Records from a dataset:
/---
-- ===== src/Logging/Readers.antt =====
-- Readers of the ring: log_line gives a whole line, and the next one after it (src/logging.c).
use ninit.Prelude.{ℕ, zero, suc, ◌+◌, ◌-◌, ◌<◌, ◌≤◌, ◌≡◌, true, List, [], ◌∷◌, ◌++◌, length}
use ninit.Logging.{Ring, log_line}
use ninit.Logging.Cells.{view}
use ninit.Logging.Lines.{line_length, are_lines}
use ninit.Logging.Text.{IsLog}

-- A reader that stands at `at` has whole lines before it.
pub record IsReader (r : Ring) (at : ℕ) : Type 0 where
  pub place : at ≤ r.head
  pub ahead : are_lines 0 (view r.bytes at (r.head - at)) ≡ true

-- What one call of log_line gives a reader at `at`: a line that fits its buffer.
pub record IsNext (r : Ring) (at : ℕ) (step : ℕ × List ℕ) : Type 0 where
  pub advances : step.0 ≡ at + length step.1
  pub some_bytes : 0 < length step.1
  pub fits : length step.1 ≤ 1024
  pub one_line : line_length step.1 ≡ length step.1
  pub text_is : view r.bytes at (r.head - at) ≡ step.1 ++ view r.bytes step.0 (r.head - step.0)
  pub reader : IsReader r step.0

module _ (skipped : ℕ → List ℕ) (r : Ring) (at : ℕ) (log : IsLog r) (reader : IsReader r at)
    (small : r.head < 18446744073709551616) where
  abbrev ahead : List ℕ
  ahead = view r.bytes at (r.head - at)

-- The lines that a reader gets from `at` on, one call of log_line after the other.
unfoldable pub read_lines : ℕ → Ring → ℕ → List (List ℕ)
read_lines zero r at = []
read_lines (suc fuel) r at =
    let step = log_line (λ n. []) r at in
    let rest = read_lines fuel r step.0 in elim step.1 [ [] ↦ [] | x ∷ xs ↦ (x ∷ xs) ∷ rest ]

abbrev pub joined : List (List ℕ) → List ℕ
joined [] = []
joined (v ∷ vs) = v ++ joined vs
\---
/---
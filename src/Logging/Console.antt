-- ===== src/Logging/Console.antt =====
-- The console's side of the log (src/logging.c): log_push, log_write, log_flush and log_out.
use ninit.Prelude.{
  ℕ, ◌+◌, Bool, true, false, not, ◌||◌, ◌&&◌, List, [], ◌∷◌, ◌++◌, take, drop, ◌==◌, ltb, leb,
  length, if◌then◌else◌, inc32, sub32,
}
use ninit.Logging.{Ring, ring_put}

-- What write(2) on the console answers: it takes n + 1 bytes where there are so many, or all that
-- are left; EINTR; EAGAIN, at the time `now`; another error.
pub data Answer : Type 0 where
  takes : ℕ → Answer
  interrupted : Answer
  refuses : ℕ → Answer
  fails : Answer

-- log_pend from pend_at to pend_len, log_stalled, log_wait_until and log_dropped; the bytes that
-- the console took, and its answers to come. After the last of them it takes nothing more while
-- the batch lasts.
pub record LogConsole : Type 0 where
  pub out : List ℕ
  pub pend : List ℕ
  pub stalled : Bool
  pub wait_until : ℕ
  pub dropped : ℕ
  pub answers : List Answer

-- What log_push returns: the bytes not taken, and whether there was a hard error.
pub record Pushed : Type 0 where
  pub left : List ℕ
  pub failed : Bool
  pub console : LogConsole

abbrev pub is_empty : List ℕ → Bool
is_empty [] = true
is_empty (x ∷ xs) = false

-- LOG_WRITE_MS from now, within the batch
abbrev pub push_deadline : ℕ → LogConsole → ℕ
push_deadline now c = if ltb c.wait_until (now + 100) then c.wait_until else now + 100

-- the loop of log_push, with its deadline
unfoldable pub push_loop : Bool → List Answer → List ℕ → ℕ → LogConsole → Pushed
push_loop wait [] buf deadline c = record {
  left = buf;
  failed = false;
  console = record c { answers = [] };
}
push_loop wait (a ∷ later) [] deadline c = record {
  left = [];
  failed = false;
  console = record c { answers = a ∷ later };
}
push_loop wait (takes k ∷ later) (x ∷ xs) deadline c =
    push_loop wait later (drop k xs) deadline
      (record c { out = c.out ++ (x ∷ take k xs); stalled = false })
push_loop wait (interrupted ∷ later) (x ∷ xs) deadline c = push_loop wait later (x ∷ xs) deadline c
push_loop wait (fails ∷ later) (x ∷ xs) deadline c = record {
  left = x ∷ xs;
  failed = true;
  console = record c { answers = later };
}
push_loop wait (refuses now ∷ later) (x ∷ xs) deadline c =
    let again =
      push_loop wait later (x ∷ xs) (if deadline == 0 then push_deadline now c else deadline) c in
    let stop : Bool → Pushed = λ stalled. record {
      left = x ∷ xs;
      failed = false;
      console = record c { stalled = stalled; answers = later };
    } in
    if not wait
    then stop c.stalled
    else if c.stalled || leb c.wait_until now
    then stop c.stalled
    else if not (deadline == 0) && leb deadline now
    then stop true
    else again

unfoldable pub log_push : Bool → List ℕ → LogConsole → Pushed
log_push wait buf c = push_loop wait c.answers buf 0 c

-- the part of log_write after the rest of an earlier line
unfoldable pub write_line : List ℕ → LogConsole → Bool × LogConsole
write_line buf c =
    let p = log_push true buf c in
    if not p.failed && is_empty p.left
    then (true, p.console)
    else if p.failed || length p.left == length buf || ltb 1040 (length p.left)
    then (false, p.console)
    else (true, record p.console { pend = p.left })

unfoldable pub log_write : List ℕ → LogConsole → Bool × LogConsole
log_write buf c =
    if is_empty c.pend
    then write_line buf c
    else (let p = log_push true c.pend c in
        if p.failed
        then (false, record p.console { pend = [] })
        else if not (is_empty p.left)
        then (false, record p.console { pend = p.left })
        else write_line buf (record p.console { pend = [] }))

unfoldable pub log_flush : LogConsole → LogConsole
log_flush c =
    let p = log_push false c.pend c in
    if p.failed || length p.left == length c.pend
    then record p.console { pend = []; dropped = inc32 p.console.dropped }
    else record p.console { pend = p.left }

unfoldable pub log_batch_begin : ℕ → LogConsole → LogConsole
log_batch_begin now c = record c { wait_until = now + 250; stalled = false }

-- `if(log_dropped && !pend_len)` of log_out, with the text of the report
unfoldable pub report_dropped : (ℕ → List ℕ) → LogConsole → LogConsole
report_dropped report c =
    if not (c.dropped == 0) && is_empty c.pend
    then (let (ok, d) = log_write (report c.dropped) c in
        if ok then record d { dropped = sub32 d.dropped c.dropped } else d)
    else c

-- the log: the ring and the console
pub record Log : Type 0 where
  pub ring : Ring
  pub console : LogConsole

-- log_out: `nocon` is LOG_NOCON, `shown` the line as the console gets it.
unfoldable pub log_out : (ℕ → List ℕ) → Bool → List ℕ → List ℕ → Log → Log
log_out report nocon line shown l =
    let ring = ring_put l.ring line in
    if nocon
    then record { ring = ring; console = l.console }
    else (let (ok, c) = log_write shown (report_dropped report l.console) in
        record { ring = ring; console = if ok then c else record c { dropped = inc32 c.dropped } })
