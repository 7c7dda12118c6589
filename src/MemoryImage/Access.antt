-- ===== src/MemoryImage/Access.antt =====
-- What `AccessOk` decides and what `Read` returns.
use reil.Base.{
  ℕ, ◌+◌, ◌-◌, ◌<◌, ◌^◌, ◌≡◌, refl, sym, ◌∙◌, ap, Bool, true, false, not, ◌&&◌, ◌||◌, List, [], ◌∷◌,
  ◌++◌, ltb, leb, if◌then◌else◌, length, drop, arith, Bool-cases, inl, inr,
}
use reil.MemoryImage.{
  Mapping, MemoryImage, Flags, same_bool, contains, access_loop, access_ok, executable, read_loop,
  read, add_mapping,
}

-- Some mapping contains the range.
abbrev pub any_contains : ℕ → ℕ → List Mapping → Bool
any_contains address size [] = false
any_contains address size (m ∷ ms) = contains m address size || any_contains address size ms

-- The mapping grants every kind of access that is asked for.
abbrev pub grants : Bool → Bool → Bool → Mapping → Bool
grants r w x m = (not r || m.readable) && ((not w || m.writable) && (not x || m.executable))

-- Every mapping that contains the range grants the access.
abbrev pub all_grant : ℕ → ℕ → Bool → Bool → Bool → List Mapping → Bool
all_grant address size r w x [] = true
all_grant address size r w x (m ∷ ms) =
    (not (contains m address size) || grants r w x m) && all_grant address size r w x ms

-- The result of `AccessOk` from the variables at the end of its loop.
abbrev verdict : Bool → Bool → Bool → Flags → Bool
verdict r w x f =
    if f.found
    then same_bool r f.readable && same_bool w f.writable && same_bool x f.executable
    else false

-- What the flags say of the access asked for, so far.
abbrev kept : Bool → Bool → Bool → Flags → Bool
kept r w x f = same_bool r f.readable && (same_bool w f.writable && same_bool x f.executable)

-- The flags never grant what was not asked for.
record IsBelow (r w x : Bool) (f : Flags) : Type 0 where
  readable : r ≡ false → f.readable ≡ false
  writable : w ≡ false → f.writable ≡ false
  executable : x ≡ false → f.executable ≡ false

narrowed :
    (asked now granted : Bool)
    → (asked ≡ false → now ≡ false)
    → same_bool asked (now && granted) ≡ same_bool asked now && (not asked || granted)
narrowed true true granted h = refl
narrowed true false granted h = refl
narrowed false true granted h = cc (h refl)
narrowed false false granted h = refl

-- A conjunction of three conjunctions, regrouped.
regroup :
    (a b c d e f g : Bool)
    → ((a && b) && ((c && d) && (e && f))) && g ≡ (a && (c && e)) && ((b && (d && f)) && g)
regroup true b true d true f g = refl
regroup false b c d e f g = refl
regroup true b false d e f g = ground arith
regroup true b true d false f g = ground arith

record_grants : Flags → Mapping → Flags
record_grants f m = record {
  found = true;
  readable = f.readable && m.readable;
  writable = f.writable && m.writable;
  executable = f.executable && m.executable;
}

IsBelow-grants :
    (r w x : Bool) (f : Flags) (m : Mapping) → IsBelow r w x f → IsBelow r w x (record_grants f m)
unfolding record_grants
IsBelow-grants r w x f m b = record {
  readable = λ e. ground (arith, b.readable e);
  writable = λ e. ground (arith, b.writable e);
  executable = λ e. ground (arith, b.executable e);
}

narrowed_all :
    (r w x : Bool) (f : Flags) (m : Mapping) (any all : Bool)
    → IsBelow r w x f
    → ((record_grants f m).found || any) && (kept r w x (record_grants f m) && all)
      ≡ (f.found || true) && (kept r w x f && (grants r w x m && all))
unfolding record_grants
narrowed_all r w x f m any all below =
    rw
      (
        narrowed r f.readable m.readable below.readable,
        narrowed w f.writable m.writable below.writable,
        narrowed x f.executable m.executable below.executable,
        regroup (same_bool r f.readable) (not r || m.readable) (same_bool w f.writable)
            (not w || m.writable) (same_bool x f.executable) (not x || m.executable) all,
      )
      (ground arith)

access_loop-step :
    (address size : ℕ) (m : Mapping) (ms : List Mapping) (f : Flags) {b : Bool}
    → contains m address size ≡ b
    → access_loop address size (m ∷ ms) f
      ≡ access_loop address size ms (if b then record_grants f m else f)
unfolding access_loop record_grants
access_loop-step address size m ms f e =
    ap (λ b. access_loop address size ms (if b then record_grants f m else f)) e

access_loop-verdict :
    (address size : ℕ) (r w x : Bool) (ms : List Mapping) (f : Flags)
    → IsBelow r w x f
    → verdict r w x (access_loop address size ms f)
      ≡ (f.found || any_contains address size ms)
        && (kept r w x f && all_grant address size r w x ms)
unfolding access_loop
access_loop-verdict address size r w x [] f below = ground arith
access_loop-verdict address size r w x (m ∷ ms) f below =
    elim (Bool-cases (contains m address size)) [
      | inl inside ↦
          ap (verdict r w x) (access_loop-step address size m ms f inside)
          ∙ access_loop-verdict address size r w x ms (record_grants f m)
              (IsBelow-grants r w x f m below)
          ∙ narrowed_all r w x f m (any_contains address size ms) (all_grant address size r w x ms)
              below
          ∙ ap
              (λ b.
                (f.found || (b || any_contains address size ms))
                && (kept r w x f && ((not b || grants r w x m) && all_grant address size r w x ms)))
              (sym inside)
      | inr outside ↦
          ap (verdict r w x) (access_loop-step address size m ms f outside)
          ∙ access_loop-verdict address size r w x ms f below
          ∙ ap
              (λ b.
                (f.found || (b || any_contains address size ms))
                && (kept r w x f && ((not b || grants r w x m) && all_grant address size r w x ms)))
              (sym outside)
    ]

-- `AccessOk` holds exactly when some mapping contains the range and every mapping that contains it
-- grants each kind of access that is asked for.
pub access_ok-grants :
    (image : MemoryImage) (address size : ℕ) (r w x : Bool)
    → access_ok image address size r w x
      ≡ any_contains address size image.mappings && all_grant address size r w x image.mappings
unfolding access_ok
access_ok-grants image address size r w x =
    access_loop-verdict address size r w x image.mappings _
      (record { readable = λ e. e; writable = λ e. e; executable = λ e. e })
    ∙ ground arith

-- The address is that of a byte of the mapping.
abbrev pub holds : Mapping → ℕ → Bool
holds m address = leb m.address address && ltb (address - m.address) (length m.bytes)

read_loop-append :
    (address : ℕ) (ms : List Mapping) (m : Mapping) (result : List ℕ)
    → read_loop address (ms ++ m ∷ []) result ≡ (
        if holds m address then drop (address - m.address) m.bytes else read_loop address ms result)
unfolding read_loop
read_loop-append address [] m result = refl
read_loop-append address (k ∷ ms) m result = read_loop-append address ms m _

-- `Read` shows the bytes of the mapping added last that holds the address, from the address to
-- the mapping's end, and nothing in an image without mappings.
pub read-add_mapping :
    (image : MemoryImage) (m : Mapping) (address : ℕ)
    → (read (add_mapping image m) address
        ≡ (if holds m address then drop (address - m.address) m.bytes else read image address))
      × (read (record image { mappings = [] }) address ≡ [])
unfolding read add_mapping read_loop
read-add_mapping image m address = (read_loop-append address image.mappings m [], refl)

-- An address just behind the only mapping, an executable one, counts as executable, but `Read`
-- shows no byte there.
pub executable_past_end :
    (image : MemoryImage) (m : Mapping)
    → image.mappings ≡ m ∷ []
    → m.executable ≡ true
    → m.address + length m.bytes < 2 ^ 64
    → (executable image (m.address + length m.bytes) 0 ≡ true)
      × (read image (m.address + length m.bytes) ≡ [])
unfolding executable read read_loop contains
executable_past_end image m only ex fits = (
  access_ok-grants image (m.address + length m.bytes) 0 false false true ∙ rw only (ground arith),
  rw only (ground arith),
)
\---
For each line in the entries that holds "returns", return that line.

-- What log_push returns: the bytes not taken, and whether there was a hard error.
-- What `AccessOk` decides and what `Read` returns.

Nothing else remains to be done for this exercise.